To expand a little: ‘bet on sparsity’ means to do your design & analysis under the assumption that a relatively few variables will account in simple linear ways for a decent chunk of variance, as opposed to a billion tiny variables operating nonlinearly (eg GWAS, where we know a large fraction of human traits in general can be accounted for by a few thousand SNPs acting in an insultingly simple additive fashion, as opposed to the full panel of 500k-1.5m SNPs acting in complicated patterns of dominance & epistasis, and so the lasso works great), because if the latter, you’re doomed anyway. In this Gelman paper, the argument seems identical: you should assume the relationship is relatively linear and has few variables, because if it does have any nonlinearity like quadraticness, your sample size is small enough that you are doomed anyway – especially if you waste samples trying to measure it at all (unless the nonlinearity is so enormous you can’t possibly miss it).

• Keith O'Rourke says:

gwern

OK by sparsity you mean not too many variables operating nonlinearly.

I was actually thinking about an almost proof I was working on many years ago in a simple setting of one variable that might be non-linear but was monotonic. So no need for a sparsity bet as it is very sparse.

> unless the nonlinearity is so enormous you can’t possibly miss it
That was what I meant by “you will get to bail out”.

In those specific applications you refer to I would agree there is a sparsity bet going on.
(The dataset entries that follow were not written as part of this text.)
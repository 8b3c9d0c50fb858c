-- ===== src/Report.antt =====
-- scripts/build_report.py: the cells of a matrix run, the summary, and the index of the cells.
pub mod Drawing
pub mod Charts
pub mod Cells
use Prim.Native.String.{◌++◌}
use hse_graduate_qualificati.Base.{
  ℕ, String, Bool, true, false, not, ◌&&◌, ◌==◌, Option, none, some, List, [], ◌∷◌, map, length,
  contains, if◌then◌else◌,
}
use hse_graduate_qualificati.Base.Exec.{Error, Result, ok, raise, library_error, ◌>>=◌}
use hse_graduate_qualificati.Base.Int.{ℤ}
use hse_graduate_qualificati.Base.Outcome.{Outcome, returned, expected, other, catch, ◌>>=ₒ◌}

-- What Python does with floats and with what `json.load` returns. An outcome is expected when its
-- exception is one of those that the `try` statement around the call names.
pub record Python (J F : Type 0) : Type 0 where
  pub zero : F
  pub of_int : ℤ → F
  pub percent : F → F
  pub str : J → String
  pub int : J → Outcome String ℤ
  pub float : J → Outcome String F
  -- `j[key]`, and `j.keys()`, which stands in no `try` statement
  pub subscript : String → J → Outcome String J
  pub keys : J → Result (List String)
  -- `json.load` of the opened path
  pub load_json : String → Outcome String J
  -- `path.is_file()`, `path.read_text()`, `text.splitlines()` and `line.strip()`
  pub is_file : String → Bool
  pub read_text : String → Result String
  pub splitlines : String → List String
  pub strip : String → String

pub record CellRecord (F : Type 0) : Type 0 where
  pub strategy : String
  pub backend : String
  pub scenario : String
  pub duration_s : ℤ
  pub latency_p50_ms : F
  pub latency_p95_ms : F
  pub latency_p99_ms : F
  pub hit_ratio : F
  pub invalidations : ℤ
  pub rps_avg : F
  pub framework_backend : String
  pub report_path : String

abbrev pub required_top_keys : List String
required_top_keys =
    "strategy" ∷ "backend" ∷ "scenario" ∷ "duration_s" ∷ "latency" ∷ "throughput" ∷ "cache"
    ∷ "framework_backend" ∷ []

-- `keys - present`
unfoldable pub missing_keys : List String → List String → List String
missing_keys present [] = []
missing_keys present (k ∷ ks) =
    let rest = missing_keys present ks in if contains k present then rest else k ∷ rest

module _ {J F : Type 0} (py : Python J F) where
  -- the call of `CellRecord`, field by field
  unfoldable pub read_cell : String → J → Outcome String (CellRecord F)
  read_cell path report = py.subscript "strategy" report >>=ₒ λ strategy.
      py.subscript "backend" report >>=ₒ λ backend. py.subscript "scenario" report >>=ₒ λ scenario.
      (py.subscript "duration_s" report >>=ₒ py.int) >>=ₒ λ duration_s.
      (py.subscript "latency" report >>=ₒ py.subscript "p50" >>=ₒ py.float) >>=ₒ λ p50.
      (py.subscript "latency" report >>=ₒ py.subscript "p95" >>=ₒ py.float) >>=ₒ λ p95.
      (py.subscript "latency" report >>=ₒ py.subscript "p99" >>=ₒ py.float) >>=ₒ λ p99.
      (py.subscript "cache" report >>=ₒ py.subscript "hit_ratio" >>=ₒ py.float) >>=ₒ λ hit_ratio.
      (py.subscript "cache" report >>=ₒ py.subscript "invalidations" >>=ₒ py.int)
      >>=ₒ λ invalidations.
          (py.subscript "throughput" report >>=ₒ py.subscript "rps_avg" >>=ₒ py.float)
          >>=ₒ λ rps_avg. py.subscript "framework_backend" report >>=ₒ λ framework_backend.
              returned (record {
                strategy = py.str strategy;
                backend = py.str backend;
                scenario = py.str scenario;
                duration_s = duration_s;
                latency_p50_ms = p50;
                latency_p95_ms = p95;
                latency_p99_ms = p99;
                hit_ratio = hit_ratio;
                invalidations = invalidations;
                rps_avg = rps_avg;
                framework_backend = py.str framework_backend;
                report_path = path;
              })

  -- `_load_cell`
  unfoldable pub load_cell : String → Result (Option (CellRecord F))
  unfolding catch missing_keys read_cell
  load_cell path = catch (py.load_json path) none (λ report. py.keys report >>= λ present.
      elim (missing_keys present required_top_keys) [
        | [] ↦ catch (read_cell path report) none (λ cell. ok (some cell))
        | k ∷ ks ↦ ok none
      ])

  -- the paths: the lines that are not blank, stripped
  unfoldable pub list_paths : List String → List String
  list_paths [] = []
  list_paths (line ∷ lines) =
      let rest = list_paths lines in if py.strip line == "" then rest else py.strip line ∷ rest

  -- the loop over the paths
  unfoldable pub load_paths : List String → Result (List (CellRecord F))
  unfolding load_cell
  load_paths [] = ok []
  load_paths (p ∷ paths) = do
    cell ← load_cell p
    cells ← load_paths paths
    ok (elim cell [ none ↦ cells | some c ↦ c ∷ cells ])

  unfoldable pub load_cells : String → Result (List (CellRecord F))
  unfolding list_paths load_paths
  load_cells matrix_list_path =
      if py.is_file matrix_list_path
      then (py.read_text matrix_list_path >>= λ text. load_paths (list_paths (py.splitlines text)))
      else raise (library_error ("matrix list not found: " ++ matrix_list_path))

pub record Summary (F : Type 0) : Type 0 where
  pub matrix_ts : String
  pub cell_count : ℕ
  pub cells : List (CellRecord F)

unfoldable pub build_summary : {F : Type 0} → List (CellRecord F) → String → Summary F
build_summary cells matrix_ts = record {
  matrix_ts = matrix_ts;
  cell_count = length cells;
  cells = cells;
}

unfoldable pub cell_label : {F : Type 0} → CellRecord F → String
cell_label cell = cell.strategy ++ ("-" ++ cell.backend)

-- A dict whose keys are pairs, as its items.
abbrev pub CellIndex : Type 0 → Type 0
CellIndex F = List ((String × String) × CellRecord F)

abbrev pub is_key : String → String → String × String → Bool
is_key label scenario key = key.0 == label && key.1 == scenario

module _ {F : Type 0} where
  -- `indexed.get((label, scenario))`
  unfoldable pub get_cell : String → String → CellIndex F → Option (CellRecord F)
  get_cell label scenario [] = none
  get_cell label scenario ((key, cell) ∷ indexed) =
      if is_key label scenario key then some cell else get_cell label scenario indexed

  unfoldable pub set_cell : String → String → CellRecord F → CellIndex F → CellIndex F
  set_cell label scenario cell [] = ((label, scenario), cell) ∷ []
  set_cell label scenario cell ((key, c) ∷ indexed) =
      if is_key label scenario key
      then (key, cell) ∷ indexed
      else (key, c) ∷ set_cell label scenario cell indexed

  unfoldable pub index_from : CellIndex F → List (CellRecord F) → CellIndex F
  unfolding set_cell cell_label
  index_from indexed [] = indexed
  index_from indexed (c ∷ cells) = index_from (set_cell (cell_label c) c.scenario c indexed) cells

  -- `_index_cells_by_label`
  unfoldable pub index_cells_by_label : List (CellRecord F) → CellIndex F
  unfolding index_from
  index_cells_by_label cells = index_from [] cells

abbrev pub scenarios : List String
scenarios = "read_heavy" ∷ "mixed" ∷ "mutation_burst" ∷ []

abbrev pub cell_labels_full : List String
cell_labels_full =
    "ttl-redis" ∷ "ttl-memory" ∷ "operation-redis" ∷ "operation-memory" ∷ "tag-redis" ∷ "tag-memory"
    ∷ "no_cache-none" ∷ []

abbrev pub strategies : List String
strategies = "ttl" ∷ "operation" ∷ "tag" ∷ []

abbrev pub backends : List String
backends = "redis" ∷ "memory" ∷ []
There are others that would not and there is a bit of discussion of that here if your interested “From a slightly different
direction Tibshirani (2014) argues that enforcing sparsity is not primarily motivated by beliefs about the world, but rather by benefits such as computability and interpretability, indicating how considerations other than correspondence to reality often play an important role in statistics and more generally in science.” http://www.stat.columbia.edu/~gelman/research/unpublished/Amalgamating6.pdf

6. Thomas B says:

Do these statements (assumptions) imply that extreme value theory in statistics has no relevance or utility?

7. Paul Alper says:

Andrew wrote: “In statistics we can similarly apply an anthropic principle to say that the phenomena we can successfully study in statistics will not be too small or too large. Too small a signal and any analysis is hopeless (we’re in kangaroo territory); too large and statistical analysis is not needed at all, as you can just do what Dave Krantz calls the Inter-Ocular Traumatic Test.”

From https://todayinsci.com/R/Rutherford_Ernest/RutherfordErnest-Quotations.htm we have some musing of Sir Ernest Rutherford:

“The only possible conclusion the social sciences can draw is: some do, some don’t.”

“All science is either physics or stamp collecting.”

“If your result needs a statistician then you should design a better experiment.”